# What are your thoughts about Miyamoto Musashi's Book of Five Rings?



## Ivan (Nov 20, 2018)

I found it to help a lot when it comes to boxing, and it encouraged me to be more aggressive in my fighting style which helped a lot; it only kicked in today, and all the teachings I've read were just racing in my mind and I could feel myself trying my best to apply them in sparring today.
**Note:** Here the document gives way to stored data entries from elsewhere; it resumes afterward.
-- ===== src/Regs/Valid/Writes.antt =====
-- `csr_write` of regs.c and the well-formed states.
use space_emu.Base.{ℕ, ◌^◌, ◌<◌, ◌≡◌, arith, bit_and, true}
use space_emu.Base.{◌≤◌, Bool-cases, inl, inr}
use mathlib.Core.Path.{subst}
use space_emu.Base.{switch_all, Option, none, some}
use space_emu.Base.Word.{◌>>>◌}
use space_emu.Regs.Csr.Write.{misa_mxl, allows_mxl, set_mxl}
use space_emu.Base.Bits.{has_bit-bit_and, bit_and_mask, IsWithin}
use space_emu.Cpu.{CpuState}
use space_emu.Regs.Status.{sstatus_mask, get_base_from_xlen}
use space_emu.Regs.Csr.Write.{csr_write, merge, mie_mask, mideleg_mask, mip_mask, medeleg_mask}
use space_emu.Regs.Csr.Write.{set_frm}
use space_emu.Regs.Csr.Write.{write_machine, write_supervisor, write_misa}
use space_emu.Regs.Csr.Merge.{merge-lt, merge-IsWithin}
use space_emu.Regs.Valid.{IsValid}
use space_emu.Regs.Valid.Fields.{set_mstatus-IsValid, float-IsValid, words-IsValid, width-IsValid}
use space_emu.Regs.Valid.Fields.{interrupts-IsValid, set_frm-lt, satp_value-IsSatpMode}

-- A reply of `csr_write` whose state, if there is one, is valid.
data Keeps : Option (ℕ × CpuState) → Type 0 where
  refused : Keeps none
  kept : {n : ℕ} {t : CpuState} → IsValid t → Keeps (some (n, t))

Keeps-some :
    {r : Option (ℕ × CpuState)} {code : ℕ} {t : CpuState} → Keeps r → r ≡ some (code, t) → IsValid t
Keeps-some refused e = cc
Keeps-some (kept {t = u} v) e = subst IsValid (cc) v

fflags-lt : (val : ℕ) → bit_and val 0x1f < 32
fflags-lt val = omega (arith, bit_and_mask 5 val)

-- What can be delegated can be enabled.
mideleg_mask-in-mie_mask : IsWithin mideleg_mask mie_mask
mideleg_mask-in-mie_mask i e = ground (arith, has_bit-bit_and mideleg_mask mie_mask i)

known_mxl :
    (s : CpuState) (val : ℕ) → allows_mxl s val ≡ true → (1 ≤ misa_mxl s val) × (misa_mxl s val ≤ 2)
unfolding get_base_from_xlen
known_mxl s val h = (ground (arith, h), ground (arith, h))

module _ (s : CpuState) (csr val : ℕ) (v : IsValid s) where
  write_misa-Keeps : Keeps (write_misa s val)
  unfolding write_misa set_mxl
  write_misa-Keeps = elim (Bool-cases (allows_mxl s val)) [
    | inl e ↦ rw e (kept (width-IsValid v (known_mxl s val e)))
    | inr e ↦ rw e (kept v)
  ]

  mie_merged :
      (mask : ℕ)
      → mask < 2 ^ 32
      → IsWithin mask mie_mask
      → (merge s.mie mask val < 2 ^ 32) × IsWithin (merge s.mie mask val) mie_mask
  mie_merged mask p q = (
    merge-lt 32 s.mie mask val (omega arith) v.mie_lt p,
    merge-IsWithin mie_mask s.mie mask val (omega arith) v.mie_within q,
  )

  mideleg_merged :
      (merge s.mideleg mideleg_mask val < 2 ^ 32)
      × IsWithin (merge s.mideleg mideleg_mask val) mideleg_mask
  mideleg_merged = (
    merge-lt 32 s.mideleg mideleg_mask val (omega arith) v.mideleg_lt (omega arith),
    merge-IsWithin mideleg_mask s.mideleg mideleg_mask val (omega arith) v.mideleg_within
        (λ i e. e),
  )

  medeleg_merged : merge s.medeleg medeleg_mask val < 2 ^ 16
  medeleg_merged = merge-lt 16 s.medeleg medeleg_mask val (omega arith) v.medeleg_lt (omega arith)

  mip_merged : (mask : ℕ) → mask < 2 ^ 32 → merge s.mip mask val < 2 ^ 32
  mip_merged mask p = merge-lt 32 s.mip mask val (omega arith) v.mip_lt p

  mideleg-in-mie : IsWithin s.mideleg mie_mask
  mideleg-in-mie i e = mideleg_mask-in-mie_mask i (v.mideleg_within i e)

  mie_old : (s.mie < 2 ^ 32) × IsWithin s.mie mie_mask
  mie_old = (v.mie_lt, v.mie_within)

  mideleg_old : (s.mideleg < 2 ^ 32) × IsWithin s.mideleg mideleg_mask
  mideleg_old = (v.mideleg_lt, v.mideleg_within)

  write_machine-Keeps : Keeps (write_machine s csr val)
  unfolding write_machine
  write_machine-Keeps =
      switch_all Keeps csr _
        (
          kept (set_mstatus-IsValid s val v),
          (
            write_misa-Keeps,
            (
              kept (interrupts-IsValid v medeleg_merged mideleg_old mie_old v.mip_lt v.satp_mode),
              (
                kept
                    (interrupts-IsValid v v.medeleg_lt mideleg_merged mie_old v.mip_lt v.satp_mode),
                (
                  kept (
                      interrupts-IsValid v v.medeleg_lt mideleg_old
                        (mie_merged mie_mask (omega arith) (λ i e. e)) v.mip_lt v.satp_mode),
                  (
                    kept (words-IsValid v),
                    (
                      kept (words-IsValid v),
                      (
                        kept (words-IsValid v),
                        (
                          kept (words-IsValid v),
                          (
                            kept (words-IsValid v),
                            (
                              kept (words-IsValid v),
                              (
                                kept (
                                    interrupts-IsValid v v.medeleg_lt mideleg_old mie_old
                                      (mip_merged mip_mask (omega arith)) v.satp_mode),
                                tt,
                              ),
                            ),
                          ),
                        ),
                      ),
                    ),
                  ),
                ),
              ),
            ),
          ),
        )
        refused

  write_supervisor-Keeps : Keeps (write_supervisor s csr val)
  unfolding write_supervisor
  write_supervisor-Keeps =
      switch_all Keeps csr _
        (
          kept (set_mstatus-IsValid s (merge s.mstatus sstatus_mask val) v),
          (
            kept (
                interrupts-IsValid v v.medeleg_lt mideleg_old
                  (mie_merged s.mideleg v.mideleg_lt mideleg-in-mie) v.mip_lt v.satp_mode),
            (
              kept (words-IsValid v),
              (
                kept (words-IsValid v),
                (
                  kept (words-IsValid v),
                  (
                    kept (words-IsValid v),
                    (
                      kept (words-IsValid v),
                      (
                        kept (words-IsValid v),
                        (
                          kept (
                              interrupts-IsValid v v.medeleg_lt mideleg_old mie_old
                                (mip_merged s.mideleg v.mideleg_lt) v.satp_mode),
                          (
                            kept (
                                interrupts-IsValid v v.medeleg_lt mideleg_old mie_old v.mip_lt
                                  (satp_value-IsSatpMode s.satp val v.satp_mode)),
                            tt,
                          ),
                        ),
                      ),
                    ),
                  ),
                ),
              ),
            ),
          ),
        )
        write_machine-Keeps

  csr_write-Keeps : Keeps (csr_write s csr val)
  unfolding csr_write
  csr_write-Keeps =
      switch_all Keeps csr _
        (
          kept
              (float-IsValid s (bit_and val 0x1f) s.frm 3 (fflags-lt val) v.frm_lt (omega arith) v),
          (
            kept (
                float-IsValid s s.fflags (set_frm s (bit_and val 7)).frm 3 v.fflags_lt
                  (set_frm-lt s (bit_and val 7)) (omega arith) v),
            (
              kept (
                  float-IsValid s (bit_and val 0x1f) (set_frm s (bit_and (val >>> 5) 7)).frm 3
                    (fflags-lt val) (set_frm-lt s (bit_and (val >>> 5) 7)) (omega arith) v),
              tt,
            ),
          ),
        )
        write_supervisor-Keeps

-- Whatever the register and the value, a write that is accepted, from a state in which the
-- fields of `IsValid` (`mstatus` with the width in UXL, FS, the rounding mode, the flags, the
-- privilege, the delegation and interrupt words, MXL and the mode of `satp`) are within their
-- bounds, leaves them so.
pub csr_write-IsValid :
    {s t : CpuState} {code : ℕ} (csr val : ℕ)
    → IsValid s
    → csr_write s csr val ≡ some (code, t)
    → IsValid t
csr_write-IsValid {s} csr val v e = Keeps-some (csr_write-Keeps s csr val v) e
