-- ===== src/Space.antt =====
-- space.c: the reset state of the processor.
pub mod Reachable
use space_emu.Base.{ℕ, ◌^◌, bit_or, false, none}
use space_emu.Base.Word.{u64, ◌<<<◌}
use space_emu.Cpu.{CpuState, priv_m}
use space_emu.Regs.Status.{get_base_from_xlen}

-- MCPUID_SUPER, MCPUID_USER, MCPUID_I, MCPUID_M, MCPUID_A, MCPUID_C, and with 64-bit floats
-- MCPUID_F and MCPUID_D
abbrev misa_bits : ℕ
misa_bits = bit_or (2 ^ 18) (
    bit_or (2 ^ 20)
      (bit_or (2 ^ 8) (bit_or (2 ^ 12) (bit_or (2 ^ 0) (bit_or (2 ^ 2) (bit_or (2 ^ 5) (2 ^ 3)))))))

unfoldable pub cpu_state_reset : CpuState
unfolding get_base_from_xlen
cpu_state_reset = record {
  pc = 0x1000;
  regs = λ _. 0;
  fp_reg = λ _. 0;
  fflags = 0;
  frm = 0;
  xlen = 64;
  power_down_flag = false;
  priv = priv_m;
  fs = 0;
  mxl = get_base_from_xlen 64;
  cycles = 0;
  rtc_start_time = 0;
  mtimecmp = 0;
  plic_pending_irq = 0;
  plic_served_irq = 0;
  htif_tohost = 0;
  htif_fromhost = 0;
  pending_exception = none;
  pending_tval = 0;
  mstatus = bit_or (u64 (get_base_from_xlen 64 <<< 32)) (u64 (get_base_from_xlen 64 <<< 34));
  mtvec = 0;
  mscratch = 0;
  mepc = 0;
  mcause = 0;
  mtval = 0;
  mhartid = 0;
  misa = misa_bits;
  mie = 0;
  mip = 0;
  medeleg = 0;
  mideleg = 0;
  mcounteren = 0;
  stvec = 0;
  sscratch = 0;
  sepc = 0;
  scause = 0;
  stval = 0;
  satp = 0;
  scounteren = 0;
  load_res = 0;
}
I was just sparring and suddenly when we were poking each other I could just hear myself thinking:
"Establish your dominance, be on the offensive"
"Try to do something weird , surprise him"
"Don't show yourself as weak, even now, when you're catching your breath"
This book was eye opening to me, first time I've sparred since I've read it and I already feel better about my skills; I hope it's not a dud!


----------



## Gyakuto (Nov 23, 2020)

I find it unintelligible and my dojo president (RIP) was the first person to translate it into English!


----------



## isshinryuronin (Nov 23, 2020)

There are parts, particularly regarding styles of swordsmanship and specific tactics, that are hard to understand as we have no firsthand experience with them.  Do not forget, the _Go Rin No Sho_ was not written as a commercial endeavor to be published and purchased by the public, or even other Samurai at large, so little was written with an outsider in mind.  It was more of a personal guide book for his protégé and perhaps a handful of followers.
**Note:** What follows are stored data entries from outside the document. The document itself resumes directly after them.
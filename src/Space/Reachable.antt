-- ===== src/Space/Reachable.antt =====
-- The states that the processor reaches from its reset.
use space_emu.Base.{ℕ, ◌%◌, ◌⊎◌, ltb, ◌+◌, ◌-◌, ◌^◌, ◌<◌, ◌≡◌, refl, arith, bit_or, Bool, true}
use space_emu.Base.{◌!=◌}
use space_emu.Base.{List, [], ◌∷◌, Option, none, some, inl, inr, Bool-cases}
use space_emu.Base.Word.{lnot}
use space_emu.Base.Bits.{bit_and-lt, bit_or-lt, has_bit, has_bit_zero}
use space_emu.Cpu.{CpuState, set_mip, reset_mip, mip_mtip, mip_meip, mip_seip}
use space_emu.Regs.Csr.Write.{csr_write}
use space_emu.Regs.Status.{get_base_from_xlen}
use space_emu.Regs.Trap.{raise_exception, raise_interrupt, handle_mret, handle_sret}
use space_emu.Regs.Valid.{IsValid}
use space_emu.Regs.Valid.Traps.{raise_exception-IsValid, raise_interrupt-IsValid}
use space_emu.Regs.Valid.Traps.{handle_mret-IsValid, handle_sret-IsValid}
use space_emu.Regs.Valid.Writes.{csr_write-IsValid}
use space_emu.Plic.{open_irqs, update_mip, plic_set_irq, plic_complete}
use space_emu.Clint.{machine_get_sleep_duration}
use space_emu.Space.{cpu_state_reset}

-- What reaches the privileged state: a write to a register, a trap, an interrupt, a return, and a
-- line of the timer or of the interrupt controller.
pub data Event : Type 0 where
  write_csr : ℕ → ℕ → Event
  trap : ℕ → ℕ → Event
  poll : Event
  mret : Event
  sret : Event
  timer : ℕ → ℕ → Event
  line : ℕ → Bool → Event
  complete : ℕ → Event

abbrev accepted : CpuState → Option (ℕ × CpuState) → CpuState
accepted s none = s
accepted s (some (code, t)) = t

unfoldable pub step : CpuState → Event → CpuState
step s (write_csr csr val) = accepted s (csr_write s csr val)
step s (trap cause tval) = raise_exception s cause tval
step s poll = (raise_interrupt s).1
step s mret = handle_mret s
step s sret = handle_sret s
step s (timer real delay) = (machine_get_sleep_duration s real delay).0
step s (line n flag) = plic_set_irq s n flag
step s (complete value) = plic_complete s value

unfoldable pub reached : CpuState → List Event → CpuState
reached s [] = s
reached s (event ∷ events) = reached (step s event) events

-- The interrupt lines change four fields only.
lines-IsValid :
    (s : CpuState) (m pending served : ℕ) (down : Bool)
    → m < 2 ^ 32
    → IsValid s
    → IsValid (record s {
      mip = m;
      plic_pending_irq = pending;
      plic_served_irq = served;
      power_down_flag = down;
    })
lines-IsValid s m pending served down h v = record {
  mstatus_lt = v.mstatus_lt;
  fs_low = v.fs_low;
  fs_high = v.fs_high;
  uxl_known = v.uxl_known;
  fs_lt = v.fs_lt;
  frm_lt = v.frm_lt;
  fflags_lt = v.fflags_lt;
  priv_lt = v.priv_lt;
  medeleg_lt = v.medeleg_lt;
  mideleg_lt = v.mideleg_lt;
  mideleg_within = v.mideleg_within;
  mie_lt = v.mie_lt;
  mie_within = v.mie_within;
  mip_lt = h;
  mxl_known = v.mxl_known;
  satp_mode = v.satp_mode;
}

set_mip-IsValid : (s : CpuState) (mask : ℕ) → mask < 2 ^ 32 → IsValid s → IsValid (set_mip s mask)
unfolding set_mip
set_mip-IsValid s mask h v = lines-IsValid s _ _ _ _ (bit_or-lt 32 s.mip mask v.mip_lt h) v

reset_mip-IsValid : (s : CpuState) (mask : ℕ) → IsValid s → IsValid (reset_mip s mask)
unfolding reset_mip
reset_mip-IsValid s mask v =
    lines-IsValid s _ _ _ _ (bit_and-lt 32 s.mip (lnot 32 mask) (omega arith)) v

update_mip-IsValid : (s : CpuState) → IsValid s → IsValid (update_mip s)
unfolding update_mip
update_mip-IsValid s v = elim (Bool-cases (open_irqs s != 0)) [
  | inl e ↦ rw e (set_mip-IsValid s (bit_or mip_meip mip_seip) (omega arith) v)
  | inr e ↦ rw e (reset_mip-IsValid s (bit_or mip_meip mip_seip) v)
]

plic_set_irq-IsValid :
    (s : CpuState) (n : ℕ) (flag : Bool) → IsValid s → IsValid (plic_set_irq s n flag)
unfolding plic_set_irq
plic_set_irq-IsValid s n flag v =
    update_mip-IsValid _ (lines-IsValid s s.mip _ s.plic_served_irq s.power_down_flag v.mip_lt v)

plic_complete-IsValid : (s : CpuState) (value : ℕ) → IsValid s → IsValid (plic_complete s value)
unfolding plic_complete
plic_complete-IsValid s value v = elim (Bool-cases (ltb ((value + 2 ^ 32 - 1) % 2 ^ 32) 32)) [
  | inl e ↦ rw e (
      update_mip-IsValid _
        (lines-IsValid s s.mip s.plic_pending_irq _ s.power_down_flag v.mip_lt v))
  | inr e ↦ rw e v
]

pub timer_cases :
    (s : CpuState) (real delay : ℕ)
    → ((machine_get_sleep_duration s real delay).0 ≡ s)
      ⊎ ((machine_get_sleep_duration s real delay).0 ≡ set_mip s mip_mtip)
unfolding machine_get_sleep_duration
timer_cases s real delay = ground arith

pub timer-IsValid :
    (s : CpuState) (real delay : ℕ)
    → IsValid s
    → IsValid (machine_get_sleep_duration s real delay).0
timer-IsValid s real delay v = elim (timer_cases s real delay) [
  | inl e ↦ rw e v
  | inr e ↦ rw e (set_mip-IsValid s mip_mtip (omega arith) v)
]

step-IsValid : (s : CpuState) (event : Event) → IsValid s → IsValid (step s event)
unfolding step
step-IsValid s (write_csr csr val) v = go (csr_write s csr val) refl
  where
    go : (r : Option (ℕ × CpuState)) → csr_write s csr val ≡ r → IsValid (accepted s r)
    go none e = v
    go (some (code, t)) e = csr_write-IsValid csr val v e
step-IsValid s (trap cause tval) v = raise_exception-IsValid s v cause tval
step-IsValid s poll v = raise_interrupt-IsValid s v
step-IsValid s mret v = handle_mret-IsValid s v
step-IsValid s sret v = handle_sret-IsValid s v
step-IsValid s (timer real delay) v = timer-IsValid s real delay v
step-IsValid s (line n flag) v = plic_set_irq-IsValid s n flag v
step-IsValid s (complete value) v = plic_complete-IsValid s value v

reached_from : (s : CpuState) (events : List Event) → IsValid s → IsValid (reached s events)
unfolding reached
reached_from s [] v = v
reached_from s (event ∷ events) v = reached_from (step s event) events (step-IsValid s event v)

no_bit : (i : ℕ) (P : Type 0) → has_bit 0 i ≡ true → P
no_bit i P h = absurd (ground (arith, has_bit_zero i))

pub cpu_state_reset-IsValid : IsValid cpu_state_reset
unfolding cpu_state_reset get_base_from_xlen has_bit
cpu_state_reset-IsValid = record {
  mstatus_lt = omega arith;
  fs_low = refl;
  fs_high = refl;
  uxl_known = refl;
  fs_lt = omega arith;
  frm_lt = omega arith;
  fflags_lt = omega arith;
  priv_lt = omega arith;
  medeleg_lt = omega arith;
  mideleg_lt = omega arith;
  mideleg_within = λ i h. no_bit i _ h;
  mie_lt = omega arith;
  mie_within = λ i h. no_bit i _ h;
  mip_lt = omega arith;
  mxl_known = (omega arith, omega arith);
  satp_mode = inl refl;
}

-- In every state that the processor reaches from its reset, by writes to registers, traps,
-- interrupts, returns, completions and the lines of the timer and the interrupt controller, in
-- any order, the fields of `IsValid` (`mstatus` with the width in UXL, FS, the rounding mode,
-- the flags, the privilege, the delegation and interrupt words, MXL and the mode of `satp`) are
-- within their bounds.
pub reached-IsValid : (events : List Event) → IsValid (reached cpu_state_reset events)
reached-IsValid events = reached_from cpu_state_reset events cpu_state_reset-IsValid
I found much wisdom in this little book, both in regards to combat and in everyday life.  The part explaining how a good carpenter can find uses for all kinds of wood, regardless of quality or appearance, with the moral being all things have uses if applied correctly, is a particular favorite.  This has great application in personnel management.

The parts discussing one's bearing being the same in combat or everyday life, or that there is no unique "man cutting grip" also has wide applications.  I read such gems as meaning we should approach any situation centered and not get stressed in extreme circumstances.  In other words, keep your cool whether you are about to go on stage, ask for a raise, go into combat, or just ordering lunch.  Do them all with the same self-assurance and poise.

I would suggest to any who find this book unintelligible to follow Musashi's advice and "wield the long sword broadly" and not get caught up in specifics, but take a broader outlook at the intent of this book and the wider meanings that can be found within.


----------



## Gyakuto (Nov 23, 2020)

Which versions/translations do you all favour?

The broad aspects of the book are, indeed, pretty straightforward , but the devil is in the detail and it is that which i find harder to discern.


----------



## Oily Dragon (Nov 23, 2020)

Gyakuto said:


> Which versions/translations do you all favour?
> 
> The broad aspects of the book are, indeed, pretty straightforward , but the devil is in the detail and it is that which i find harder to discern.



The Zen one.


----------



## Gyakuto (Nov 24, 2020)

Ah yes, the colouring-in version. Keep you crayons sharp


----------



## Monkey Turned Wolf (Nov 24, 2020)

Oily Dragon said:


> The Zen one.


Kung fu hustle is a great movie. Was so happy when I realized both it and shaolin soccer were on netflix.


----------



## Oily Dragon (Nov 24, 2020)

Gyakuto said:


> Ah yes, the colouring-in version. Keep you crayons sharp



The Buddha Palm doesn't require wax.


----------